→ **DATA FOR THE TASK**
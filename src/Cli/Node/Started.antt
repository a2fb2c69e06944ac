-- ===== src/Cli/Node/Started.antt =====
-- What holds of what `run` starts, and that each launch has it.
use familiar_fleet.Base.{
  Bool, true, false, refl, Option, ◌≡◌, ◌⊎◌, subst, none, some, Text, codes, text_eq, arith,
  if◌then◌else◌,
}
use familiar_fleet.Host.{Error, prepare_state, World, Outcome, ok, map_err, pure, wrap, bad_log}
use familiar_fleet.Host.Answers.{Answers, bind-Answers}
use familiar_fleet.FilePath.{clean}
use familiar_fleet.Applier.{RuntimeApplyResult, true_up}
use familiar_fleet.Applier.Aimed.{Aimed, true_up-Aimed}
use familiar_fleet.State.Files.{Saved, load_state}
use familiar_fleet.State.Files.Accepted.{IsAccepted}
use familiar_fleet.Environment.Prepare.{Node, HerdrEnvironment, prepare_herdr_environment}
use familiar_fleet.Environment.Prepare.Effects.{IsPrepared, Ended, prepare_herdr_environment-Ended}
use familiar_fleet.Cli.{Invocation}
use familiar_fleet.Cli.Node.{
  Error, prepare_state, Machine, Launch, version_printed, runtime_status, runtime_rolled_back,
  runtime_applied, stop_session, require, ensure_state_dir, open_browser, already_enrolled,
  enrolled, run_tunnel, run_herdr, run_interactive, state_file, find_binary, applier, open_log,
  launch_tunnel, launch_interactive, launch_node,
}

module _ {A : Type 0} where
  pub require-world : (o : Option A) (e : Error) (w : World) → (require o e w).1 ≡ w
  require-world none e w = refl
  require-world (some a) e w = refl

-- What this invocation finds when it reads the state, after it made the state directory in the world
-- that it began in.
abbrev pub loading : Machine → Node → World → Outcome (Option Saved) × World
loading m n begun =
    load_state m.codec m.urls m.is_ip (state_file m n)
      (map_err (wrap prepare_state) (ensure_state_dir n.root) begun).1

module _ (m : Machine) (n : Node) (inv : Invocation) (begun : World) where
  -- The state that was read is one that the program goes on with, and it is of the user who runs the
  -- program.
  pub record IsOwned (s : Saved) : Type 0 where
    pub read : (loading m n begun).0 ≡ ok (some s)
    pub accepted : IsAccepted m.codec m.urls m.is_ip s
    pub user : m.user ≡ some s.ssh_user

  -- The true-up of the enrolled runtime was done in the world that the reading of the state left, and
  -- the preflight passed in the world that the true-up left, with the runtime that it reported.
  pub record IsConverged (s : Saved) (env : HerdrEnvironment) : Type 0 where
    pub herdr : Text
    pub between : World
    pub applied : RuntimeApplyResult
    pub trued_up :
        true_up m.tools (applier m n inv.options) s.enrollment.runtime (loading m n begun).1
        ≡ (ok applied, between)
    pub prepared : IsPrepared n m.around herdr m.environ between env
    pub runtime_is : (env.runtime ≡ applied.target) ⊎ (env.runtime ≡ clean applied.target)

  -- No state was there.
  abbrev pub IsFresh : Type 0
  IsFresh = (loading m n begun).0 ≡ ok none

  abbrev pub Launched : Launch → World → Type 0
  Launched (run_interactive s env ssh sshd) w = IsOwned s × IsConverged s env
  Launched (run_herdr s env) w = IsOwned s × IsConverged s env
  Launched (run_tunnel s ssh sshd) w = IsOwned s
  Launched (open_browser endpoint name username request) w = IsFresh
  Launched (enrolled e) w = IsFresh
  Launched (already_enrolled s) w =
      ((loading m n begun).0 ≡ ok (some s)) × IsAccepted m.codec m.urls m.is_ip s
  Launched (runtime_status s) w = inv.command ≡ codes "runtime"
  Launched (runtime_rolled_back t) w = inv.command ≡ codes "runtime"
  Launched (runtime_applied r) w = inv.command ≡ codes "runtime"
  Launched (stop_session herdr) w = inv.command ≡ codes "stop"
  Launched version_printed w = inv.command ≡ codes "version"

  module _ (s : Saved) (owned : IsOwned s) where
    pub launch_tunnel-Launched : (w : World) → Answers Launched (launch_tunnel m n inv.options s w)
    unfolding launch_tunnel
    launch_tunnel-Launched w = bind-Answers Launched _ (find_binary m inv.options.ssh) w (λ ssh _.
        bind-Answers Launched _ (find_binary m inv.options.sshd) _ (λ sshd _.
          bind-Answers Launched _ (map_err (wrap bad_log) (open_log m n)) _ (λ _ _. owned)))

    launch_interactive-Launched :
        (env : HerdrEnvironment) (w : World)
        → IsConverged s env
        → Answers Launched (launch_interactive m n inv.options s env w)
    unfolding launch_interactive
    launch_interactive-Launched env w c =
        bind-Answers Launched _ (find_binary m inv.options.ssh) w (λ ssh _.
          bind-Answers Launched _ (find_binary m inv.options.sshd) _ (λ sshd _.
            bind-Answers Launched _ (map_err (wrap bad_log) (open_log m n)) _ (λ _ _. (owned, c))))

    converged :
        (herdr : Text) (w : World) (r : RuntimeApplyResult)
        → (w ≡ (loading m n begun).1)
        → (true_up m.tools (applier m n inv.options) s.enrollment.runtime w).0 ≡ ok r
        → (env : HerdrEnvironment)
        → (prepare_herdr_environment n m.around herdr m.environ
            (true_up m.tools (applier m n inv.options) s.enrollment.runtime w).1).0
          ≡ ok env
        → IsConverged s env
    converged herdr w r same h env e =
        let v = (true_up m.tools (applier m n inv.options) s.enrollment.runtime w).1 in
        let aimed : Answers (Aimed m.tools (applier m n inv.options)) (ok r, v) =
          subst
            (λ (o : Outcome RuntimeApplyResult).
              Answers (Aimed m.tools (applier m n inv.options)) (o, v))
            h (true_up-Aimed m.tools (applier m n inv.options) s.enrollment.runtime w) in
        let p : IsPrepared n m.around herdr m.environ v env =
          subst
            (λ (o : Outcome HerdrEnvironment).
              Ended n m.around herdr m.environ v o
                (prepare_herdr_environment n m.around herdr m.environ v).1)
            e (prepare_herdr_environment-Ended n m.around herdr m.environ v) in
        record {
          herdr = herdr;
          between = v;
          applied = r;
          trued_up =
              subst
                (λ (u : World).
                  true_up m.tools (applier m n inv.options) s.enrollment.runtime u ≡ (ok r, v))
                same (ground (arith, h));
          prepared = p;
          runtime_is = ground (arith, aimed, p.passed.active.entry);
        }

    chosen :
        (env : HerdrEnvironment) (w : World) (b : Bool)
        → IsConverged s env
        → Answers Launched
            ((if b then pure (run_herdr s env) else launch_interactive m n inv.options s env) w)
    chosen env w true c = (owned, c)
    chosen env w false c = launch_interactive-Launched env w c

    pub launch_node-Launched :
        (herdr : Text) (w : World)
        → w ≡ (loading m n begun).1
        → Answers Launched (launch_node m n inv s herdr w)
    unfolding launch_node
    launch_node-Launched herdr w same =
        bind-Answers Launched _ (true_up m.tools (applier m n inv.options) s.enrollment.runtime) w
          (λ r h.
            bind-Answers Launched _ (prepare_herdr_environment n m.around herdr m.environ) _
              (λ env e. chosen env _ _ (converged herdr w r same h env e)))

→ **YOUR GOAL**
Exactly as shown above, copy out the material.

→ **TASK RESPONSE**
filename src/Cli/Node/Started.antt
repository a2fb2c69e06944ac
-- ===== src/Cli/Node/Started.antt =====
-- What holds of what `run` starts, and that each launch has it.
use familiar_fleet.Base.{
  Bool, true, false, refl, Option, ◌≡◌, ◌⊎◌, subst, none, some, Text, codes, text_eq, arith,
  if◌then◌else◌,
}
use familiar_fleet.Host.{Error, prepare_state, World, Outcome, ok, map_err, pure, wrap, bad_log}
use familiar_fleet.Host.Answers.{Answers, bind-Answers}
use familiar_fleet.FilePath.{clean}
use familiar_fleet.Applier.{RuntimeApplyResult, true_up}
use familiar_fleet.Applier.Aimed.{Aimed, true_up-Aimed}
use familiar_fleet.State.Files.{Saved, load_state}
use familiar_fleet.State.Files.Accepted.{IsAccepted}
use familiar_fleet.Environment.Prepare.{Node, HerdrEnvironment, prepare_herdr_environment}
use familiar_fleet.Environment.Prepare.Effects.{IsPrepared, Ended, prepare_herdr_environment-Ended}
use familiar_fleet.Cli.{Invocation}
use familiar_fleet.Cli.Node.{
  Error, prepare_state, Machine, Launch, version_printed, runtime_status, runtime_rolled_back,
  runtime_applied, stop_session, require, ensure_state_dir, open_browser, already_enrolled,
  enrolled, run_tunnel, run_herdr, run_interactive, state_file, find_binary, applier, open_log,
  launch_tunnel, launch_interactive, launch_node,
}

module _ {A : Type 0} where
  pub require-world : (o : Option A) (e : Error) (w : World) → (require o e w).1 ≡ w
  require-world none e w = refl
  require-world (some a) e w = refl

-- What this invocation finds when it reads the state, after it made the state directory in the world
-- that it began in.
abbrev pub loading : Machine → Node → World → Outcome (Option Saved) × World
loading m n begun =
    load_state m.codec m.urls m.is_ip (state_file m n)
      (map_err (wrap prepare_state) (ensure_state_dir n.root) begun).1

module _ (m : Machine) (n : Node) (inv : Invocation) (begun : World) where
  -- The state that was read is one that the program goes on with, and it is of the user who runs the
  -- program.
  pub record IsOwned (s : Saved) : Type 0 where
    pub read : (loading m n begun).0 ≡ ok (some s)
    pub accepted : IsAccepted m.codec m.urls m.is_ip s
    pub user : m.user ≡ some s.ssh_user

  -- The true-up of the enrolled runtime was done in the world that the reading of the state left, and
  -- the preflight passed in the world that the true-up left, with the runtime that it reported.
  pub record IsConverged (s : Saved) (env : HerdrEnvironment) : Type 0 where
    pub herdr : Text
    pub between : World
    pub applied : RuntimeApplyResult
    pub trued_up :
        true_up m.tools (applier m n inv.options) s.enrollment.runtime (loading m n begun).1
        ≡ (ok applied, between)
    pub prepared : IsPrepared n m.around herdr m.environ between env
    pub runtime_is : (env.runtime ≡ applied.target) ⊎ (env.runtime ≡ clean applied.target)

  -- No state was there.
  abbrev pub IsFresh : Type 0
  IsFresh = (loading m n begun).0 ≡ ok none

  abbrev pub Launched : Launch → World → Type 0
  Launched (run_interactive s env ssh sshd) w = IsOwned s × IsConverged s env
  Launched (run_herdr s env) w = IsOwned s × IsConverged s env
  Launched (run_tunnel s ssh sshd) w = IsOwned s
  Launched (open_browser endpoint name username request) w = IsFresh
  Launched (enrolled e) w = IsFresh
  Launched (already_enrolled s) w =
      ((loading m n begun).0 ≡ ok (some s)) × IsAccepted m.codec m.urls m.is_ip s
  Launched (runtime_status s) w = inv.command ≡ codes "runtime"
  Launched (runtime_rolled_back t) w = inv.command ≡ codes "runtime"
  Launched (runtime_applied r) w = inv.command ≡ codes "runtime"
  Launched (stop_session herdr) w = inv.command ≡ codes "stop"
  Launched version_printed w = inv.command ≡ codes "version"

  module _ (s : Saved) (owned : IsOwned s) where
    pub launch_tunnel-Launched : (w : World) → Answers Launched (launch_tunnel m n inv.options s w)
    unfolding launch_tunnel
    launch_tunnel-Launched w = bind-Answers Launched _ (find_binary m inv.options.ssh) w (λ ssh _.
        bind-Answers Launched _ (find_binary m inv.options.sshd) _ (λ sshd _.
          bind-Answers Launched _ (map_err (wrap bad_log) (open_log m n)) _ (λ _ _. owned)))

    launch_interactive-Launched :
        (env : HerdrEnvironment) (w : World)
        → IsConverged s env
        → Answers Launched (launch_interactive m n inv.options s env w)
    unfolding launch_interactive
    launch_interactive-Launched env w c =
        bind-Answers Launched _ (find_binary m inv.options.ssh) w (λ ssh _.
          bind-Answers Launched _ (find_binary m inv.options.sshd) _ (λ sshd _.
            bind-Answers Launched _ (map_err (wrap bad_log) (open_log m n)) _ (λ _ _. (owned, c))))

    converged :
        (herdr : Text) (w : World) (r : RuntimeApplyResult)
        → (w ≡ (loading m n begun).1)
        → (true_up m.tools (applier m n inv.options) s.enrollment.runtime w).0 ≡ ok r
        → (env : HerdrEnvironment)
        → (prepare_herdr_environment n m.around herdr m.environ
            (true_up m.tools (applier m n inv.options) s.enrollment.runtime w).1).0
          ≡ ok env
        → IsConverged s env
    converged herdr w r same h env e =
        let v = (true_up m.tools (applier m n inv.options) s.enrollment.runtime w).1 in
        let aimed : Answers (Aimed m.tools (applier m n inv.options)) (ok r, v) =
          subst
            (λ (o : Outcome RuntimeApplyResult).
              Answers (Aimed m.tools (applier m n inv.options)) (o, v))
            h (true_up-Aimed m.tools (applier m n inv.options) s.enrollment.runtime w) in
        let p : IsPrepared n m.around herdr m.environ v env =
          subst
            (λ (o : Outcome HerdrEnvironment).
              Ended n m.around herdr m.environ v o
                (prepare_herdr_environment n m.around herdr m.environ v).1)
            e (prepare_herdr_environment-Ended n m.around herdr m.environ v) in
        record {
          herdr = herdr;
          between = v;
          applied = r;
          trued_up =
              subst
                (λ (u : World).
                  true_up m.tools (applier m n inv.options) s.enrollment.runtime u ≡ (ok r, v))
                same (ground (arith, h));
          prepared = p;
          runtime_is = ground (arith, aimed, p.passed.active.entry);
        }

    chosen :
        (env : HerdrEnvironment) (w : World) (b : Bool)
        → IsConverged s env
        → Answers Launched
            ((if b then pure (run_herdr s env) else launch_interactive m n inv.options s env) w)
    chosen env w true c = (owned, c)
    chosen env w false c = launch_interactive-Launched env w c

    pub launch_node-Launched :
        (herdr : Text) (w : World)
        → w ≡ (loading m n begun).1
        → Answers Launched (launch_node m n inv s herdr w)
    unfolding launch_node
    launch_node-Launched herdr w same =
        bind-Answers Launched _ (true_up m.tools (applier m n inv.options) s.enrollment.runtime) w
          (λ r h.
            bind-Answers Launched _ (prepare_herdr_environment n m.around herdr m.environ) _
              (λ env e. chosen env _ _ (converged herdr w r same h env e)))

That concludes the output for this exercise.